You are viewing a plain text version of this content. The canonical link for it is here.

Posted to solr-user@lucene.apache.org by heaven <ah...@gmail.com> on 2014/12/18 23:36:59 UTC

Endless 100% CPU usage on searcherExecutor thread

Hi,

We have 2 shards, each one has 2 replicas and each Solr instance has a
single thread that constantly uses 100% of CPU:
<http://lucene.472066.n3.nabble.com/file/n4175088/Screenshot_896.png> 

After restart it is running normally for some time (approximately until Solr
comes close to Xmx limit), then the mentioned thread start consuming one
CPU. 4 solr instances = minus 4 CPU cores.

We do not commit manually and the search is not used too intensively.

{code}
<autoCommit>
  <maxDocs>25000</maxDocs>
  <maxTime>300000</maxTime>
  <openSearcher>false</openSearcher> 
</autoCommit>

<autoSoftCommit>
  <maxTime>15000</maxTime>
</autoSoftCommit>
{code}

So I was wondering if that's correct, if this is supposed to be or if
something is wrong with our configuration or with Solr.

Thanks,
Alex



--
View this message in context: http://lucene.472066.n3.nabble.com/Endless-100-CPU-usage-on-searcherExecutor-thread-tp4175088.html
Sent from the Solr - User mailing list archive at Nabble.com.

Re: Endless 100% CPU usage on searcherExecutor thread

Posted by heaven <ah...@gmail.com>.

In general we do not have too complex filters, but I decreased the
filterCache autowarm count to 256, will see how it performs during a month
or so before take any changes on it.

It also seems that adding more shards could improve the situation.
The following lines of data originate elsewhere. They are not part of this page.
-- ===== src/Tests/ServerRuns.antt =====
-- Requests to the small database as they come in, from their paths.
use mathlib.Core.List.{map, Memᴰ}
use mathlib.Core.Bool.{false≢true}
use starfighter_workflow.Common.{
  String, true, false, none, some, List, [], ◌∷◌, ◌≡◌, ◌≢◌, refl, ap, eq_iff, ◌⊎◌, ◌↔◌, ok, arith,
}
use starfighter_workflow.Common.Decimal.{parse_int}
use starfighter_workflow.Sql.Rows.{first}
use starfighter_workflow.Db.Exec.{raise, outcome}
use starfighter_workflow.Db.Threads.{interleave}
use starfighter_workflow.Auth.{scan_user, is_live}
use starfighter_workflow.Auth.Sessions.{lookup_spec}
use starfighter_workflow.Http.Guards.{IsTurnedAway}
use starfighter_workflow.Http.{delete_method}
use starfighter_workflow.Http.Server.Admins.{is_admin_path, serve_http-IsTurnedAway}
use starfighter_workflow.Common.{ℕ, zero, suc, ◌<◌, ◌≤◌, ◌++◌}
use starfighter_workflow.Db.Threads.{running}
use starfighter_workflow.Db.Progress.{turns}
use starfighter_workflow.Daemon.Serving.{live, live-IsSound}
use starfighter_workflow.System.Sound.{IsSound}
use starfighter_workflow.Tests.Shop.{shop-IsSound}
use starfighter_workflow.Http.Server.Every.{interleave-serve_http}
use starfighter_workflow.Web.{Site}
use starfighter_workflow.Http.{
  Method, get_method, post, Reply, failed, done, untouched, health_text, extract_token,
  after_prefix, is_read,
}
use starfighter_workflow.Http.Guards.{IsRefused}
use starfighter_workflow.Http.Routes.{claim_request}
use starfighter_workflow.Http.Mux.{
  Incoming, Decoders, Entry, entries, find, match_entry, match, pattern_of, segments,
}
use starfighter_workflow.Http.Mux.Unique.{find_iff}
use starfighter_workflow.Http.Server.{serve_http}
use starfighter_workflow.Http.Server.Cases.{IsStatic, segments_of}
use starfighter_workflow.Http.Server.Guarded.{is_public, serve_http-IsRefused, serve_http-foreign}
use starfighter_workflow.Http.Server.Reads.{IsUntouched, reads-IsUntouched}
use starfighter_workflow.Tests.Shop.{day, day-IsHealthy, shop, shop-accounts, plain, cy}
use starfighter_workflow.Common.{◌=ℤ◌}

abbrev pub decoders : Decoders
decoders = record {
  clean = λ path. path;
  unescape = λ s. s;
  host_of = λ origin. after_prefix "https://" origin;
  setup_req = λ body. none;
  login_req = λ body. none;
  password_req = λ body. some body;
  create_user_req = λ body. none;
  role_req = λ body. some body;
  create_request_req = λ body. none;
  transition_req = λ body. some body;
  priority_req = λ body. some body;
}

-- no file but "/"
abbrev site_for : Method → Site Reply
site_for m = record { opens = λ path. false; file_server = λ path. done 200 untouched health_text }

abbrev incoming : Method → (path token origin : String) → Incoming
incoming m path token origin = record {
  request = record {
    method = m;
    cookie = some token;
    authorization = "";
    origin = origin;
    host = "shop";
    over_tls = true;
    forwarded_proto = "";
  };
  escaped_path = path;
  path = path;
  query = λ name. "";
  body = "";
}

abbrev claim_path : String
claim_path = "/api/v1/requests/1/claim"

abbrev claim_segments : List String
claim_segments = "api" ∷ "v1" ∷ "requests" ∷ "1" ∷ "claim" ∷ []

abbrev claim_entry : Entry
claim_entry = record {
  method = post;
  pattern = "/api/v1/requests/{id}/claim";
  route = λ id q. claim_request (parse_int id);
}

find_iff_example : (find (entries decoders) post claim_segments ≡ some ("1", claim_entry)) ↔ (
    Memᴰ claim_entry (entries decoders) × (match_entry claim_entry post claim_segments ≡ some "1"))
find_iff_example = find_iff decoders post claim_segments "1" claim_entry

claim_found : find (entries decoders) post claim_segments ≡ some ("1", claim_entry)
unfolding find entries match_entry match pattern_of
claim_found = refl

abbrev stale_claim : Incoming
stale_claim = incoming post claim_path "s" "https://shop"

stale_claim-private : is_public (segments_of decoders stale_claim) ≡ false
unfolding match pattern_of segments
stale_claim-private = refl

stale_claim-dead : first (is_live (extract_token stale_claim.request) 40) shop.sessions ≡ none
unfolding first extract_token
stale_claim-dead = refl

serve_http-IsRefused_example :
    (IsRefused (outcome (serve_http plain decoders site_for stale_claim) day).0
      ⊎ IsStatic plain decoders site_for stale_claim)
    × ((outcome (serve_http plain decoders site_for stale_claim) day).1 ≡ shop)
serve_http-IsRefused_example =
    serve_http-IsRefused plain decoders site_for stale_claim day day-IsHealthy shop-accounts
      stale_claim-private stale_claim-dead

abbrev evil_claim : Incoming
evil_claim = incoming post claim_path "t" "https://evil"

claim-is_write : is_read post ≡ false
unfolding is_read
claim-is_write = refl

evil_origin : decoders.host_of "https://evil" ≢ some "shop"
unfolding after_prefix
evil_origin e =
    absurd (false≢true ((eq_iff "evil" "shop").1 (ap (λ o. elim o [ none ↦ "" | some s ↦ s ]) e)))

serve_http-foreign_example :
    (serve_http plain decoders site_for evil_claim ≡ raise (failed 403))
    ⊎ IsStatic plain decoders site_for evil_claim
serve_http-foreign_example =
    serve_http-foreign plain decoders site_for evil_claim claim-is_write refl evil_origin

-- Cy is logged in and no admin
abbrev cys_delete : Incoming
cys_delete = incoming delete_method "/api/v1/users/1" "c" "https://shop"

cy_looks_up : (lookup_spec (extract_token cys_delete.request) 40 shop).0 ≡ ok (scan_user cy)
unfolding lookup_spec first extract_token ◌=ℤ◌
cy_looks_up = refl

cys_delete-is_admin_path : is_admin_path (segments_of decoders cys_delete) ≡ true
unfolding match pattern_of segments
cys_delete-is_admin_path = refl

serve_http-IsTurnedAway_example :
    IsTurnedAway shop
      (lookup_spec (extract_token cys_delete.request) 40 shop).1
      (outcome (serve_http plain decoders site_for cys_delete) day)
    ⊎ (IsStatic plain decoders site_for cys_delete
        × ((outcome (serve_http plain decoders site_for cys_delete) day).1 ≡ shop))
serve_http-IsTurnedAway_example =
    serve_http-IsTurnedAway plain decoders site_for cys_delete day {u = scan_user cy} day-IsHealthy
      shop-accounts cys_delete-is_admin_path cy_looks_up refl

abbrev two_reads : List Incoming
two_reads =
    incoming get_method "/api/v1/requests" "t" "" ∷ incoming get_method "/api/v1/users" "c" "" ∷ []

get-is_read : is_read get_method ≡ true
unfolding is_read
get-is_read = refl

reads-IsUntouched_example :
    IsUntouched shop
      (interleave
        (0 ∷ 1 ∷ 0 ∷ 1 ∷ 0 ∷ 1 ∷ 0 ∷ [])
        (map (serve_http plain decoders site_for) two_reads)
        day).1.db
reads-IsUntouched_example =
    reads-IsUntouched plain decoders site_for two_reads (0 ∷ 1 ∷ 0 ∷ 1 ∷ 0 ∷ 1 ∷ 0 ∷ []) day
      (get-is_read, (get-is_read, tt))

-- three requests, and a schedule that gives each of them ten turns
abbrev crowd : List Incoming
crowd = stale_claim ∷ cys_delete ∷ evil_claim ∷ []

abbrev round : List ℕ
round = 2 ∷ 0 ∷ 1 ∷ 1 ∷ 0 ∷ 2 ∷ []

abbrev rounds : List ℕ
rounds = round ++ round ++ round ++ round ++ round

rounds-turns : (i : ℕ) → i < 3 → 10 ≤ turns i rounds
unfolding turns
rounds-turns zero h = omega arith
rounds-turns (suc zero) h = omega arith
rounds-turns (suc (suc zero)) h = omega arith
rounds-turns (suc (suc (suc i))) h = absurd (omega (arith, h))

interleave-serve_http_example :
    running (interleave rounds (map (serve_http plain decoders site_for) crowd) day).0 ≡ 0
interleave-serve_http_example =
    interleave-serve_http plain decoders site_for crowd rounds day rounds-turns

-- v2 starts while the purge and three requests take turns
live-IsSound_example :
    IsSound
      (live plain decoders site_for "v2" 1 crowd
        (0 ∷ 1 ∷ 2 ∷ 3 ∷ 0 ∷ 1 ∷ 2 ∷ 1 ∷ 2 ∷ 1 ∷ [])
        day).db
live-IsSound_example =
    live-IsSound plain decoders site_for "v2" 1 crowd (0 ∷ 1 ∷ 2 ∷ 3 ∷ 0 ∷ 1 ∷ 2 ∷ 1 ∷ 2 ∷ 1 ∷ [])
      day shop-IsSound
We have
16 CPU cores and SSD RAID 10, so I think it should be possible to increase
the number of shards from 2 to 5 or even 8.



--
View this message in context: http://lucene.472066.n3.nabble.com/Endless-100-CPU-usage-on-searcherExecutor-thread-tp4175088p4176046.html
Sent from the Solr - User mailing list archive at Nabble.com.

Re: Endless 100% CPU usage on searcherExecutor thread

Posted by Shawn Heisey <ap...@elyograg.org>.
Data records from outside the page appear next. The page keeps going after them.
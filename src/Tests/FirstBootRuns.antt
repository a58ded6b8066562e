-- ===== src/Tests/FirstBootRuns.antt =====
-- The first boot with an empty database, and a visit an hour later.
use starfighter_workflow.Common.{
  ◌+◌, pos, String, false, Option, none, some, [], ◌∷◌, ◌≡◌, refl, ◌==◌, trim_space, trim_left,
  trim_right, is_space, ok, err, arith,
}
use starfighter_workflow.Db.{empty}
use starfighter_workflow.Db.Exec.{World, outcome}
use starfighter_workflow.Auth.{scan_user, role_admin}
use starfighter_workflow.Auth.Token.{encode, digit, char_at}
use starfighter_workflow.Http.{
  get_method, post, HttpRequest, failed, done, untouched, extract_token,
}
use starfighter_workflow.Tests.Shop.{day, day-IsHealthy, plain, plain-compare, empty-accounts}
use starfighter_workflow.Http.FirstBoot.{setup-me}
use starfighter_workflow.Auth.{new_user}
use starfighter_workflow.Auth.Logins.{seen_at}
use starfighter_workflow.Db.{UserRow}
use starfighter_workflow.Http.Handlers.{SetupReq}
use starfighter_workflow.Http.Routes.{serve, setup, me}
use starfighter_workflow.Http.{set_to, session, user}
use starfighter_workflow.Common.{is_some}
use starfighter_workflow.Tests.ServerRuns.{decoders}

-- the row that the first setup adds
abbrev boot_admin : UserRow
boot_admin = new_user (trim_space "ada") "secret88" role_admin (trim_space "") 42 (pos 1)

-- the first boot: Ada sets the daemon up
abbrev boot : World
boot = record day { db = empty }

abbrev ada_form : SetupReq
ada_form = record { username = "ada"; password = "secret88"; display_name = "" }

abbrev bare_visit : HttpRequest
bare_visit = record {
  method = post;
  cookie = none;
  authorization = "";
  origin = "";
  host = "shop";
  over_tls = false;
  forwarded_proto = "";
}

abbrev boot_token : String
boot_token = encode (7 ∷ [])

-- an hour later
abbrev hour_later : World
hour_later = record day {
  db = (outcome (serve plain decoders.host_of (setup (some ada_form)) bare_visit) boot).1;
  clock = λ n. ◌+◌ 3600 n;
}

abbrev with_bearer : HttpRequest
with_bearer = record bare_visit { method = get_method; cookie = some boot_token }

ada_given : (trim_space ada_form.username == "") ≡ false
unfolding trim_space trim_left trim_right is_space
ada_given = refl

token_carried : extract_token with_bearer ≡ boot_token
unfolding extract_token encode digit char_at
token_carried = refl

token_given : (boot_token == "") ≡ false
unfolding encode digit char_at
token_given = refl

setup-me_example :
    ((outcome (serve plain decoders.host_of (setup (some ada_form)) bare_visit) boot).0
      ≡ ok (done 201 (set_to boot_token) (session (scan_user boot_admin) boot_token)))
    × ((outcome (serve plain decoders.host_of me with_bearer) hour_later).0
        ≡ ok (done 200 untouched (user (scan_user (seen_at 46 boot_admin)))))
    × ((body : Option SetupReq) (v : HttpRequest)
        → is_some v.cookie ≡ false
        → outcome (serve plain decoders.host_of (setup body) v) hour_later
          ≡ (err (failed 409), hour_later.db))
setup-me_example =
    setup-me plain plain-compare ada_form bare_visit boot day-IsHealthy empty-accounts refl
      ada_given refl {hash = "secret88"} refl {raw = 7 ∷ []} refl decoders.host_of hour_later
      day-IsHealthy refl refl (omega arith) with_bearer token_carried token_given
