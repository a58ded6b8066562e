-- ===== src/Tests/HttpRuns.antt =====
-- Requests to the small database, and boots of the daemon.
use starfighter_workflow.Common.{pos, ◌=ℤ◌, String, true, false, ◌≡◌, refl, Option, some, ok}
use starfighter_workflow.Sql.Rows.{first}
use starfighter_workflow.Db.Exec.{outcome}
use starfighter_workflow.Auth.{scan_user}
use starfighter_workflow.Http.{HttpRequest, post, extract_token, after_prefix}
use starfighter_workflow.Http.Routes.{serve}
use starfighter_workflow.Daemon.{post_deploy}
use starfighter_workflow.Daemon.Deploys.{deploy_spec, post_deploy-deploy_spec}
use starfighter_workflow.Http.Replies.{moving, reply_spec}
use starfighter_workflow.Http.Served.{route_of, serve-reply_spec}
use starfighter_workflow.Http.Admitted.{slid}
use starfighter_workflow.Http.Managed.{appointing, managing, manage_spec_at, serve-manage_spec}
use starfighter_workflow.Db.{is_user}
use starfighter_workflow.Auth.{has_token, session_ttl}
use starfighter_workflow.Auth.Sessions.{extend}
use starfighter_workflow.Common.{ltb, ◌==◌, ◌+◌}
use starfighter_workflow.Tests.Shop.{bob, bobs_session, shop-requests}
use starfighter_workflow.Tests.Shop.{day, day-IsHealthy, shop, shop-accounts, plain}

-- the host of an address that is `https://` and the host
abbrev host_of : String → Option String
host_of origin = after_prefix "https://" origin

abbrev with_cookie : String → String → HttpRequest
with_cookie token origin = record {
  method = post;
  cookie = some token;
  authorization = "";
  origin = origin;
  host = "shop";
  over_tls = false;
  forwarded_proto = "https";
}

post_deploy-deploy_spec_example :
    outcome (post_deploy "v2") day ≡ (ok tt, deploy_spec "v2" 41 42 shop)
post_deploy-deploy_spec_example = post_deploy-deploy_spec "v2" day day-IsHealthy

bobs_token : (extract_token (with_cookie "t" "https://shop") == "") ≡ false
unfolding extract_token
bobs_token = refl

bobs_session_found :
    first (has_token (extract_token (with_cookie "t" "https://shop"))) shop.sessions
    ≡ some bobs_session
unfolding first extract_token
bobs_session_found = refl

bobs_session_live : ltb 40 bobs_session.expires_at ≡ true
bobs_session_live = refl

bob_found : first (is_user bobs_session.user_id) shop.users ≡ some bob
unfolding first ◌=ℤ◌
bob_found = refl

own_host : host_of "https://shop" ≡ some "shop"
unfolding after_prefix
own_host = refl

abbrev bob_asks : HttpRequest
bob_asks = with_cookie "t" "https://shop"

-- Bob completes the request that he has in repair
serve-reply_spec_example :
    outcome (serve plain host_of (route_of (moving (some "completed")) (some (pos 2))) bob_asks) day
    ≡ reply_spec
        (moving (some "completed"))
        (scan_user bob)
        43
        44
        (some (pos 2))
        (extend (extract_token bob_asks) (40 + session_ttl) shop)
serve-reply_spec_example =
    serve-reply_spec (moving (some "completed")) (some (pos 2)) bob_asks day day-IsHealthy
      shop-accounts shop-requests {s = bobs_session} {u = bob} bobs_token bobs_session_found
      bobs_session_live bob_found plain host_of refl own_host

-- Bob, who is an admin, makes Cy an admin too
serve-manage_spec_example :
    outcome (serve plain host_of (managing (appointing (some (pos 3)) (some "admin"))) bob_asks) day
    ≡ manage_spec_at plain (appointing (some (pos 3)) (some "admin")) (slid bob_asks day)
serve-manage_spec_example =
    serve-manage_spec plain host_of (appointing (some (pos 3)) (some "admin")) bob_asks day
      day-IsHealthy shop-accounts {s = bobs_session} {u = bob} bobs_token bobs_session_found
      bobs_session_live bob_found refl refl own_host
On 12/23/2014 2:31 AM, heaven wrote:
> We do not use dates here, at least not too often. Usually its something like
> type:Profile (we do use it from the rails application so type describes
> model names), opted_in:true, etc. Solr wasn't running too long though, so
> this could not show the real state.
>
> Currently for the filter cache it shows 1 and 0.84 of the query results. I
> also increased the cache size to
> autowarm: 512, initial: 1024 and size 4096, which is actually never reached
> because of commits.

Warming the filter cache *can* be very slow.  It all depends on exactly
what your filters are.  I had to reduce the autowarmCount on my
filterCache to *four* because if it was any higher, a commit would take
up to a minute.  We have some really complex filters.

Thanks,
Shawn

Re: Endless 100% CPU usage on searcherExecutor thread

Posted by heaven <ah...@gmail.com>.

We do not use dates here, at least not too often. Usually its something like
type:Profile (we do use it from the rails application so type describes
model names), opted_in:true, etc. Solr wasn't running too long though, so
this could not show the real state.

Currently for the filter cache it shows 1 and 0.84 of the query results. I
also increased the cache size to
autowarm: 512, initial: 1024 and size 4096, which is actually never reached
because of commits.

Best,
Alex



--
View this message in context: http://lucene.472066.n3.nabble.com/Endless-100-CPU-usage-on-searcherExecutor-thread-tp4175088p4175725.html
Sent from the Solr - User mailing list archive at Nabble.com.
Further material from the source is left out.